# [Supplied material]
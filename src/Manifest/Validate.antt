-- ===== src/Manifest/Validate.antt =====
-- crates/chromifer-manifest/src/lib.rs: `Manifest::validate`. The errors are listed in the order in
-- which the source pushes them.
pub mod Spec
pub mod Parts
pub mod Laws
use Prim.Native.String.{◌++◌ as ◌<>◌}
use chromifer.Base.{
  ℕ, String, Bool, true, false, ◌&&◌, not, List, [], ◌∷◌, ◌++◌, Option, none, some, eqb, ◌==◌,
  string_eq, string_ord, if◌then◌else◌, is_empty, concat_map, map,
}
use chromifer.Base.Text.{is_blank, join}
use chromifer.Base.Sets.{insert, member}
use chromifer.Manifest.Data.{
  ids_of_targets, ids_of_gates, ids_of_modules, Project, InventoryMetadata, Target,
  CompatibilityGate, BoundaryReview, BoundaryEvidence, Dependency, Module, ModuleOwnership,
  Manifest, MigrationState, legacy_cpp, state_eq,
}
use chromifer.Manifest.Errors.{
  ValidationError, unsupported_schema, empty_project_field, empty_inventory_field, unknown_target,
  unknown_gate, unknown_dependency, self_dependency, duplicate_dependency, dependency_cycle,
  missing_compatibility_gate, Validation, valid, invalid,
}
use chromifer.Manifest.Checks.{
  push_if, check_nonempty, check_source_location, collect_ids, validate_gate_execution,
  check_inputs, check_ownership,
}
use chromifer.Manifest.Cycle.{find_cycle}

abbrev pub supported_schema_version : ℕ
supported_schema_version = 1

pub check_schema : ℕ → List ValidationError
check_schema found =
    push_if (not (eqb found supported_schema_version))
      (unsupported_schema found supported_schema_version)

pub check_project : Project → List ValidationError
check_project p =
    push_if (is_blank p.name) (empty_project_field "name")
    ++ (push_if (is_blank p.upstream) (empty_project_field "upstream")
        ++ push_if (is_blank p.baseline) (empty_project_field "baseline"))

pub check_inventory : Option InventoryMetadata → List ValidationError
check_inventory none = []
check_inventory (some i) =
    push_if (is_blank i.source_format) (empty_inventory_field "source_format")
    ++ (push_if (is_blank i.build_dir) (empty_inventory_field "build_dir")
        ++ push_if (is_blank i.default_toolchain) (empty_inventory_field "default_toolchain"))

pub check_target : Target → List ValidationError
check_target t = check_nonempty "target" t.id "description" t.description

pub check_known_target : (target_ids : List String) (gate target : String) → List ValidationError
check_known_target target_ids gate target =
    push_if (not (member target_ids target)) (unknown_target gate target)

-- The body of the loop over the gates
pub check_gate : (target_ids : List String) → CompatibilityGate → List ValidationError
check_gate target_ids gate =
    validate_gate_execution gate
    ++ (check_inputs gate.id [] gate.inputs
        ++ concat_map (check_known_target target_ids gate.id) gate.targets)

pub check_optional_ownership : String → Option ModuleOwnership → List ValidationError
check_optional_ownership owner none = []
check_optional_ownership owner (some o) = check_ownership owner o

pub check_review : (kind id : String) → BoundaryReview → List ValidationError
check_review kind id r = check_source_location kind id r.file r.line r.detail

pub check_evidence : (id : String) → BoundaryEvidence → List ValidationError
check_evidence id e = check_source_location "boundary evidence" id e.file e.line e.detail

pub check_known_gate : (gate_ids : List String) (owner gate : String) → List ValidationError
check_known_gate gate_ids owner gate =
    push_if (not (member gate_ids gate)) (unknown_gate owner gate)

-- The dependency on the module itself, or on an unknown one
pub check_dependency_target :
    (module_ids : List String) (owner dependency : String) → List ValidationError
check_dependency_target module_ids owner dependency =
    if dependency == owner
    then self_dependency owner ∷ []
    else push_if (not (member module_ids dependency)) (unknown_dependency owner dependency)

-- `format!("{} -> {}", module.id, dependency.module)`
pub edge_name : String → String → String
edge_name owner dependency = owner <> (" -> " <> dependency)

-- The loop over the dependencies, with the set `dependencies`
pub check_dependencies :
    (module_ids : List String) (owner : String) (seen : List String)
    → List Dependency
    → List ValidationError
check_dependencies module_ids owner seen [] = []
check_dependencies module_ids owner seen (d ∷ rest) =
    let name = edge_name owner d.module_id in
    check_dependency_target module_ids owner d.module_id
    ++ (push_if (member seen d.module_id) (duplicate_dependency owner d.module_id)
        ++ (concat_map (check_evidence name) d.evidence
            ++ (concat_map (check_review "boundary review" name) d.reviews
                ++ check_dependencies module_ids owner (insert d.module_id seen) rest)))

-- The body of the loop over the modules
pub check_module : (gate_ids module_ids : List String) → Module → List ValidationError
check_module gate_ids module_ids m =
    check_nonempty "module" m.id "path" m.path
    ++ (check_nonempty "module" m.id "owner" m.owner
        ++ (check_optional_ownership m.id m.ownership
            ++ (concat_map (check_nonempty "module" m.id "source") m.sources
                ++ (concat_map (check_review "module review" m.id) m.reviews
                    ++ (push_if (not (m.state == legacy_cpp) && is_empty m.gates)
                          (missing_compatibility_gate m.id m.state)
                        ++ (concat_map (check_known_gate gate_ids m.id) m.gates
                            ++ check_dependencies module_ids m.id [] m.dependencies))))))

pub check_cycle : Option (List String) → List ValidationError
check_cycle none = []
check_cycle (some cycle) = dependency_cycle (join " -> " cycle) ∷ []

-- The errors that `validate` has pushed at its end
pub validation_errors : Manifest → List ValidationError
validation_errors m =
    let (target_ids, target_errors) = collect_ids "target" [] (ids_of_targets m.targets) in
    let (gate_ids, gate_errors) = collect_ids "gate" [] (ids_of_gates m.gates) in
    let (module_ids, module_errors) = collect_ids "module" [] (ids_of_modules m.modules) in
    check_schema m.schema_version
    ++ (check_project m.project
        ++ (check_inventory m.inventory
            ++ (target_errors
                ++ (gate_errors
                    ++ (module_errors
                        ++ (concat_map check_target m.targets
                            ++ (concat_map (check_gate target_ids) m.gates
                                ++ (concat_map (check_module gate_ids module_ids) m.modules
                                    ++ check_cycle (find_cycle m.modules module_ids)))))))))

pub report : List ValidationError → Validation
report [] = valid
report (e ∷ errors) = invalid (e ∷ errors)

unfoldable pub validate : Manifest → Validation
unfolding check_schema check_project check_inventory check_target check_known_target check_gate
    check_optional_ownership check_review check_evidence check_known_gate check_dependency_target
    edge_name check_dependencies check_module check_cycle validation_errors report check_nonempty
    check_source_location collect_ids validate_gate_execution check_inputs check_ownership
    find_cycle is_blank join insert member
validate m = report (validation_errors m)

# [About this exercise]
Across the listing above, state how many lines include the word "rest", with nothing but the number in reply.

# [Your response]
2